▶ [WHAT TO DO] Scan the records for "IsVersion" and copy each line that contains it.

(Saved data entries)
++++++

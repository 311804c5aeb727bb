-- ===== src/NcServer/Loop/Tests.antt =====
-- A session that sends a hello and a close-session, on documents of a few tokens.
use go_lab_netconf.Base.{
  Bytes, bytes, bytes_eq, String, str_append, false, List, [], ◌∷◌, ◌++◌, none, some, ◌≡◌, refl,
  arith, All, if◌then◌else◌,
}
use go_lab_netconf.Framing
use go_lab_netconf.Framing.{version11, eof}
use go_lab_netconf.Framing.Eom.RoundTrip.{ends_in_half}
use go_lab_netconf.NcRpc.{
  Rpc, Reply, Hello, Message, Parsed, parsed, failed, cap_base11, advertised_capabilities,
}
use go_lab_netconf.NcRpc.Encode.{Xml, encode_hello, encode_reply}
use go_lab_netconf.NcRpc.Decode.{Token, start, end, chars, Tokens, decode, children, message_id_of}
use go_lab_netconf.NcRpc.Samples.{reader, skip_from, plain_xml}
use go_lab_netconf.Datastore.Tests.{toy, edited}
use go_lab_netconf.NcServer.{Codec, Session, dispatch, route}
use go_lab_netconf.NcServer.Loop.{Wire, Turn, decode_message, respond, frame_reply, run}
use go_lab_netconf.NcServer.Loop.Answers.{IsQuiet, Sends, nothing, sends, IsFramed, Serves, answers}
use go_lab_netconf.NcServer.Loop.Greeting.{agreed, agreed-IsVersion, run-Serves}

abbrev codec : Codec toy
codec = record {
  filter_path = λ s. failed "not a filter";
  encode_tree = λ n. n ∷ [];
  decode_config = λ s. parsed 8;
}

abbrev session : Session
session = record { id = "7"; access = "read-write" }

abbrev named : String → Token
named name = start (record { name = name; space = ""; attributes = [] })

-- A hello with base:1.1.
abbrev hello_tokens : Tokens
hello_tokens =
    named "hello"
    ∷ named "capabilities"
    ∷ named "capability"
    ∷ chars cap_base11
    ∷ end "capability"
    ∷ end "capabilities"
    ∷ end "hello"
    ∷ []

abbrev close_tokens : Tokens
close_tokens =
    start (record { name = "rpc"; space = ""; attributes = ("message-id", "1") ∷ [] })
    ∷ named "close-session"
    ∷ end "close-session"
    ∷ end "rpc"
    ∷ []

-- "h" stands for the hello's document and any other for the request's.
abbrev wire : Wire
wire = record {
  xml = plain_xml;
  tokens = λ raw. (if bytes_eq raw (bytes "h") then hello_tokens else close_tokens, none);
  decoder = reader;
  unexpected = str_append "ncrpc: unexpected element ";
}

abbrev turn : Turn toy
turn = record { ctx_error = none; request_error = none; live = []; others = λ h. h; broken = false }

abbrev client_hello : Hello
client_hello = record { capabilities = cap_base11 ∷ []; session_id = "" }

-- A request, and one behind the close-session that is not answered.
abbrev sent : List Bytes
sent = bytes "c" ∷ bytes "d" ∷ []

abbrev input : Bytes
input = bytes "\n#1\nc\n##\n" ++ bytes "\n#1\nd\n##\n" ++ []

agrees : agreed client_hello ≡ version11
unfolding agreed
agrees = refl

sent_frames : Sends (agreed client_hello) sent input
unfolding agreed Framing.write Framing.write11 Framing.itoa
sent_frames =
    sends refl (λ p. absurd (omega arith)) refl
      (sends refl (λ p. absurd (omega arith)) refl (nothing refl))

one_answer :
    All
      (IsFramed toy codec wire session (agreed client_hello) (agreed-IsVersion client_hello))
      (answers toy codec wire session (turn ∷ turn ∷ turn ∷ []) sent edited).0
unfolding answers respond frame_reply agreed dispatch decode_message decode bytes_eq children
    encode_reply message_id_of route Framing.write go_lab_netconf.NcRpc.Encode.reply_content
    Framing.itoa
one_answer = ((bytes "\n#5\n<ok/>\n##\n", refl), tt)

hello_read :
    decode_message wire (bytes "h")
    ≡ parsed (record { hello = some client_hello; rpc = none; reply = none })
unfolding decode_message decode children skip_from bytes_eq go_lab_netconf.NcRpc.Samples.first_text
hello_read = refl

frames_written :
    (run toy codec wire session
      (bytes "h]]>]]>" ++ input)
      eof
      edited
      false
      (turn ∷ turn ∷ turn ∷ [])).1.frames
    ≡ bytes "H]]>]]>" ∷ bytes "\n#5\n<ok/>\n##\n" ∷ []
unfolding run encode_hello Framing.write10 Framing.contains_eom
    go_lab_netconf.Framing.Reader.read_message decode_message decode children skip_from
    go_lab_netconf.NcRpc.Samples.first_text encode_reply dispatch message_id_of route Framing.write
    go_lab_netconf.NcRpc.Encode.reply_content Framing.itoa
frames_written = refl

hellos_written :
    (encode_hello wire.xml (record { capabilities = advertised_capabilities; session_id = "7" })
      ≡ parsed (bytes "H"))
    × (Framing.write10 (bytes "H") ≡ Framing.ok (bytes "H]]>]]>"))
    × (Framing.write10 (bytes "h") ≡ Framing.ok (bytes "h]]>]]>"))
    × (ends_in_half (bytes "h") ≡ false)
unfolding encode_hello Framing.write10 Framing.contains_eom ends_in_half bytes_eq
hellos_written = (refl, refl, refl, refl)

quiet : IsQuiet turn
quiet = record { running = refl; open_ = refl }

run-Serves_example :
    Serves toy codec wire session
      (agreed client_hello)
      (agreed-IsVersion client_hello)
      (answers toy codec wire session (turn ∷ turn ∷ turn ∷ []) sent edited).0
      (answers toy codec wire session (turn ∷ turn ∷ turn ∷ []) sent edited).1
      (bytes "H]]>]]>" ∷ [])
      (run toy codec wire session
        (bytes "h]]>]]>" ++ input)
        eof
        edited
        false
        (turn ∷ turn ∷ turn ∷ []))
run-Serves_example =
    run-Serves toy codec wire session edited (turn ∷ turn ∷ turn ∷ []) (bytes "H") (bytes "H]]>]]>")
      (bytes "h") (bytes "h]]>]]>") input sent
      (record { hello = some client_hello; rpc = none; reply = none }) client_hello hellos_written.0
      hellos_written.1 hellos_written.2 hellos_written.3 hello_read refl sent_frames
      (quiet, (quiet, (quiet, tt))) (omega arith) one_answer
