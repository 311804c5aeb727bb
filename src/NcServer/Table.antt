-- ===== src/NcServer/Table.antt =====
-- internal/ncserver/server.go: the users and the table of live sessions, and how changes of the users
-- end sessions. A datastore handle is a reference, a number; users carry no namespaces here.
use go_lab_netconf.Base.{
  ℕ, String, str_eq, eq_iff, Bool, true, false, Bool-cases, inl, inr, ◌&&◌, List, [], ◌∷◌, ◌++◌,
  none, some, ◌≡◌, ◌⊎◌, refl, sym, subst, All, ◌==◌, if◌then◌else◌,
}
use go_lab_netconf.Base.Dict
use go_lab_netconf.Base.Dict.{Dict}

pub record User : Type 0 where
  pub name : String
  pub profile : String
  pub access : String
  pub handle : ℕ

-- `indexUsers`: the last user of a name stays.
unfoldable pub index_onto : Dict User → List User → Dict User
index_onto users [] = users
index_onto users (u ∷ us) =
    let access = if str_eq u.access "" then "read-write" else u.access in
    index_onto (Dict.put u.name (record u { access = access }) users) us

abbrev pub index_users : List User → Dict User
index_users us = index_onto [] us

-- The test of `ReplaceUsers`, which is also the negation of `stale` in `Serve`.
unfoldable pub is_current : Dict User → User → Bool
is_current users u = elim (Dict.lookup u.name users) [
  | none ↦ false
  | some live ↦
      str_eq live.access u.access && str_eq live.profile u.profile && live.handle == u.handle
]

-- `sweeps` holds the indexes that were published by calls of `ReplaceUsers` which have not swept the
-- table yet.
pub record Server : Type 0 where
  pub users : Dict User
  pub sessions : Dict User
  pub sweeps : List (Dict User)

unfoldable pub current_sessions : Dict User → Dict User → Dict User
current_sessions users [] = []
current_sessions users ((id, u) ∷ m) =
    let rest = current_sessions users m in if is_current users u then (id, u) ∷ rest else rest

-- `Serve` up to the end of its critical section.
unfoldable pub register : Server → String → User → Server
register s id u =
    if is_current s.users u
    then record s { sessions = Dict.put id u s.sessions }
    else record s { sessions = Dict.remove id (Dict.put id u s.sessions) }

unfoldable pub drop : Server → String → Server
drop s id = record s { sessions = Dict.remove id s.sessions }

-- The steps of goroutines: `ReplaceUsers` publishes its index, and sweeps the table by that index
-- when it has the mutex, with other steps in between.
pub data Step : Server → Server → Type 0 where
  publishes :
      (s : Server) (us : List User)
      → Step s (record s { users = index_users us; sweeps = index_users us ∷ s.sweeps })
  sweeps :
      (s : Server) (front back : List (Dict User)) (next : Dict User)
      → s.sweeps ≡ front ++ next ∷ back
      → Step s (record s { sessions = current_sessions next s.sessions; sweeps = front ++ back })
  registers : (s : Server) (id : String) (u : User) → Step s (register s id u)
  drops : (s : Server) (id : String) → Step s (drop s id)

pub data Reachable : Server → Type 0 where
  starts :
      (us : List User) → Reachable (record { users = index_users us; sessions = []; sweeps = [] })
  steps : {s s' : Server} → Reachable s → Step s s' → Reachable s'

abbrev pub AllCurrent : Dict User → Dict User → Type 0
AllCurrent users = All (λ p. is_current users p.1 ≡ true)

abbrev pub IsAmong : Dict User → List (Dict User) → Type 0
IsAmong u [] = ⊥
IsAmong u (v ∷ vs) = (u ≡ v) ⊎ IsAmong u vs

current-AllCurrent : (users m : Dict User) → AllCurrent users (current_sessions users m)
unfolding current_sessions
current-AllCurrent users [] = _
current-AllCurrent users ((id, u) ∷ m) = elim (Bool-cases (is_current users u)) [
  | inl live ↦ rw live (live, current-AllCurrent users m)
  | inr stale ↦ rw stale (current-AllCurrent users m)
]

kept-AllCurrent :
    (users next m : Dict User) → AllCurrent users m → AllCurrent users (current_sessions next m)
unfolding current_sessions
kept-AllCurrent users next [] p = _
kept-AllCurrent users next ((id, u) ∷ m) (here, rest) =
    let later = kept-AllCurrent users next m rest in
    elim (Bool-cases (is_current next u)) [
      | inl live ↦ rw live (here, later)
      | inr stale ↦ rw stale later
    ]

remove-AllCurrent :
    (users : Dict User) (id : String) (m : Dict User)
    → AllCurrent users m
    → AllCurrent users (Dict.remove id m)
unfolding Dict.remove
remove-AllCurrent users id [] p = _
remove-AllCurrent users id ((j, u) ∷ m) (here, rest) =
    let later = remove-AllCurrent users id m rest in
    elim (Bool-cases (str_eq j id)) [
      | inl same ↦ rw same later
      | inr other ↦ rw other (here, later)
    ]

put-AllCurrent :
    (users : Dict User) (id : String) (u : User) (m : Dict User)
    → is_current users u ≡ true
    → AllCurrent users m
    → AllCurrent users (Dict.put id u m)
unfolding Dict.put
put-AllCurrent users id u [] new p = (new, p)
put-AllCurrent users id u ((j, v) ∷ m) new (here, rest) =
    let later = put-AllCurrent users id u m new rest in
    elim (Bool-cases (str_eq j id)) [
      | inl same ↦ rw same (new, rest)
      | inr other ↦ rw other (here, later)
    ]

put-remove-AllCurrent :
    (users : Dict User) (id : String) (u : User) (m : Dict User)
    → AllCurrent users m
    → AllCurrent users (Dict.remove id (Dict.put id u m))
unfolding Dict.put Dict.remove
put-remove-AllCurrent users id u [] p = rw ((eq_iff id id).1 refl) _
put-remove-AllCurrent users id u ((j, v) ∷ m) (here, rest) =
    let later = put-remove-AllCurrent users id u m rest in
    elim (Bool-cases (str_eq j id)) [
      | inl same ↦ rw (same, same) (remove-AllCurrent users id m rest)
      | inr other ↦ rw (other, other) (here, later)
    ]

IsAmong-split :
    (u v : Dict User) (front back : List (Dict User))
    → IsAmong u (front ++ v ∷ back)
    → (u ≡ v) ⊎ IsAmong u (front ++ back)
IsAmong-split u v [] back p = p
IsAmong-split u v (w ∷ front) back (inl e) = inr (inl e)
IsAmong-split u v (w ∷ front) back (inr p) = elim (IsAmong-split u v front back p) [
  | inl e ↦ inl e
  | inr q ↦ inr (inr q)
]

-- Either every live session is a current user's, or the call that published the users has still to
-- sweep.
abbrev pub IsGuarded : Server → Type 0
IsGuarded s = AllCurrent s.users s.sessions ⊎ IsAmong s.users s.sweeps

register-IsGuarded :
    (s : Server) (id : String) (u : User) → IsGuarded s → IsGuarded (register s id u)
unfolding register
register-IsGuarded s id u g = elim (Bool-cases (is_current s.users u)) [
  | inl live ↦
      rw (register, live)
        (elim g [
          | inl all ↦ inl (put-AllCurrent s.users id u s.sessions live all)
          | inr among ↦ inr among
        ])
  | inr stale ↦
      rw (register, stale)
        (elim g [
          | inl all ↦ inl (put-remove-AllCurrent s.users id u s.sessions all)
          | inr among ↦ inr among
        ])
]

Step-IsGuarded : {s s' : Server} → Step s s' → IsGuarded s → IsGuarded s'
unfolding drop
Step-IsGuarded (publishes s us) g = inr (inl refl)
Step-IsGuarded (sweeps s front back next p) (inl all) =
    inl (kept-AllCurrent s.users next s.sessions all)
Step-IsGuarded (sweeps s front back next p) (inr among) =
    elim (IsAmong-split s.users next front back (subst (IsAmong s.users) p among)) [
      | inl same ↦ inl (
          subst (λ u. AllCurrent u (current_sessions next s.sessions)) (sym same)
            (current-AllCurrent next s.sessions))
      | inr later ↦ inr later
    ]
Step-IsGuarded (registers s id u) g = register-IsGuarded s id u g
Step-IsGuarded (drops s id) (inl all) = inl (remove-AllCurrent s.users id s.sessions all)
Step-IsGuarded (drops s id) (inr among) = inr among

reachable-IsGuarded : {s : Server} → Reachable s → IsGuarded s
reachable-IsGuarded (starts us) = inl _
reachable-IsGuarded (steps reached step) = Step-IsGuarded step (reachable-IsGuarded reached)

-- Once every call of `ReplaceUsers` has swept, each live session is of a user who is there with the
-- same access, profile and datastore handle, however the calls and new sessions interleaved.
pub swept-AllCurrent : {s : Server} → Reachable s → s.sweeps ≡ [] → AllCurrent s.users s.sessions
swept-AllCurrent {s} reached done = elim (reachable-IsGuarded reached) [
  | inl all ↦ all
  | inr among ↦ elim (subst (IsAmong s.users) done among) [ ]
]
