-- ===== src/NcServer/Tests.antt =====
-- Requests of small sessions, on the handle that session 7 has locked and edited, and the theorems
-- at them.
use go_lab_netconf.Base.{
  String, [], ◌∷◌, none, some, ◌≡◌, ◌⊎◌, refl, ◌||◌, str_eq, eq_iff, if◌then◌else◌, arith,
}
use go_lab_netconf.Base.Dict
use go_lab_netconf.NcRpc.{Rpc}
use go_lab_netconf.Datastore.Names
use go_lab_netconf.Datastore.{deny_if_locked, discard, locked, unlock, store as stored}
use go_lab_netconf.Datastore.Yang.{ok}
use go_lab_netconf.Datastore.Tests.{toy, edited}
use go_lab_netconf.NcServer.{
  do_kill, map_err, Codec, parsed, failed, Session, route, mutating, Dispatched, dispatch,
  drop_locks,
}
use go_lab_netconf.NcServer.Requests.{IsHandled}
use go_lab_netconf.NcServer.Access.{
  dispatch-IsHandled, settled, left_of, request_protects, read_only_unchanged,
}
use go_lab_netconf.NcServer.Release.{given_up, drop_locks_effect}
use go_lab_netconf.NcServer.Table.{
  User, index_onto, index_users, is_current, Server, current_sessions, register, publishes, sweeps,
  registers, Reachable, starts, steps, AllCurrent, swept-AllCurrent,
}

abbrev codec : Codec toy
codec = record {
  filter_path = λ s. failed "not a filter";
  encode_tree = λ n. n ∷ [];
  decode_config = λ s. parsed 8;
}

abbrev session : String → Session
session id = record { id = id; access = "read-write" }

abbrev reader : Session
reader = record { id = "9"; access = "read-only" }

abbrev request : String → Rpc
request name = record {
  message_id = "1";
  name = name;
  namespace = "";
  source = "running";
  target = "candidate";
  filter = none;
  default_op = "";
  config = [];
  session_id = "7";
  stream = "";
}

refused_discard :
    (dispatch toy codec (session "8") [] edited none (request "discard-changes")).reply.errors
    ≡ record {
      type = "protocol";
      tag = "lock-denied";
      severity = "error";
      app_tag = "";
      path = "";
      message = "datastore is locked by session 7";
    }
      ∷ []
unfolding dispatch route mutating discard deny_if_locked Dict.lookup map_err
refused_discard = refl

dispatch-IsHandled_example :
    IsHandled toy codec edited
      (session "7")
      none
      (request "commit")
      (dispatch toy codec (session "7") [] edited none (request "commit"))
dispatch-IsHandled_example =
    dispatch-IsHandled toy codec (session "7") [] edited none (request "commit")

abbrev killed : Dispatched toy
killed = dispatch toy codec (session "8") ("7" ∷ []) edited none (request "kill-session")

candidate_kept : stored toy edited Names.candidate ≡ ok 5
unfolding stored
candidate_kept = refl

request_protects_example :
    (stored toy (settled toy killed) Names.candidate ≡ stored toy edited Names.candidate)
    × (locked toy (settled toy killed) Names.candidate ≡ left_of "7" killed.cancelled)
    × ((killed.cancelled ≡ none)
        ⊎ ((◌≡◌ {A = String} "kill-session" "kill-session") × (killed.cancelled ≡ some "7")))
request_protects_example =
    request_protects toy codec (session "8") ("7" ∷ []) edited none (request "kill-session")
      Names.candidate "7" candidate_kept (unfold Dict.lookup in refl)
      (λ p. ground (arith, eq_iff "8" "7"))

-- The kill cancels the holder, whose lock is free afterwards.
holder_killed :
    (killed.cancelled ≡ some "7") × (locked toy (settled toy killed) Names.candidate ≡ none)
unfolding dispatch route mutating drop_locks unlock stored locked Dict.lookup Dict.remove do_kill
holder_killed = (refl, refl)

read_only_unchanged_example :
    ((dispatch toy codec reader ("7" ∷ []) edited none (request "kill-session")).handle ≡ edited)
    × ((dispatch toy codec reader ("7" ∷ []) edited none (request "kill-session")).event ≡ none)
    × ((dispatch toy codec reader ("7" ∷ []) edited none (request "kill-session")).cancelled ≡ none)
read_only_unchanged_example =
    read_only_unchanged toy codec reader ("7" ∷ []) edited none (request "kill-session")
      (λ p. ground (arith, eq_iff "read-only" "read-write"))

drop_locks_effect_example :
    ((y : String)
      → locked toy (drop_locks toy (session "7") edited) y ≡ (
          if str_eq Names.running y || str_eq Names.candidate y || str_eq Names.startup y
          then given_up "7" (locked toy edited y)
          else locked toy edited y))
    × (record (drop_locks toy (session "7") edited) { locks = edited.locks } ≡ edited)
drop_locks_effect_example = drop_locks_effect toy (session "7") edited

-- A user's session, and then a change of the user's access that has been swept.
abbrev alice : String → User
alice access = record { name = "alice"; profile = "router"; access = access; handle = 1 }

abbrev before : Server
before = record { users = index_users (alice "" ∷ []); sessions = []; sweeps = [] }

abbrev joined : Server
joined = register before "1" (alice "read-write")

abbrev published : Server
published = record joined {
  users = index_users (alice "read-only" ∷ []);
  sweeps = index_users (alice "read-only" ∷ []) ∷ joined.sweeps;
}

abbrev swept : Server
swept = record published {
  sessions = current_sessions (index_users (alice "read-only" ∷ [])) published.sessions;
  sweeps = [];
}

joined-sessions : joined.sessions ≡ ("1", alice "read-write") ∷ []
unfolding register is_current index_onto Dict.put Dict.lookup
joined-sessions = refl

swept-Reachable : Reachable swept
swept-Reachable =
    steps
      (steps (steps (starts (alice "" ∷ [])) (registers before "1" (alice "read-write")))
        (publishes joined (alice "read-only" ∷ [])))
      (sweeps published [] [] (index_users (alice "read-only" ∷ []))
        (unfold register in ground arith))

swept-AllCurrent_example : AllCurrent swept.users swept.sessions
swept-AllCurrent_example = swept-AllCurrent swept-Reachable refl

++++++

▶ [SOLUTION FOR THIS TASK]
use go_lab_netconf.NcServer.Loop.Greeting.{agreed, agreed-IsVersion, run-Serves}
      (IsFramed toy codec wire session (agreed client_hello) (agreed-IsVersion client_hello))
      (agreed-IsVersion client_hello)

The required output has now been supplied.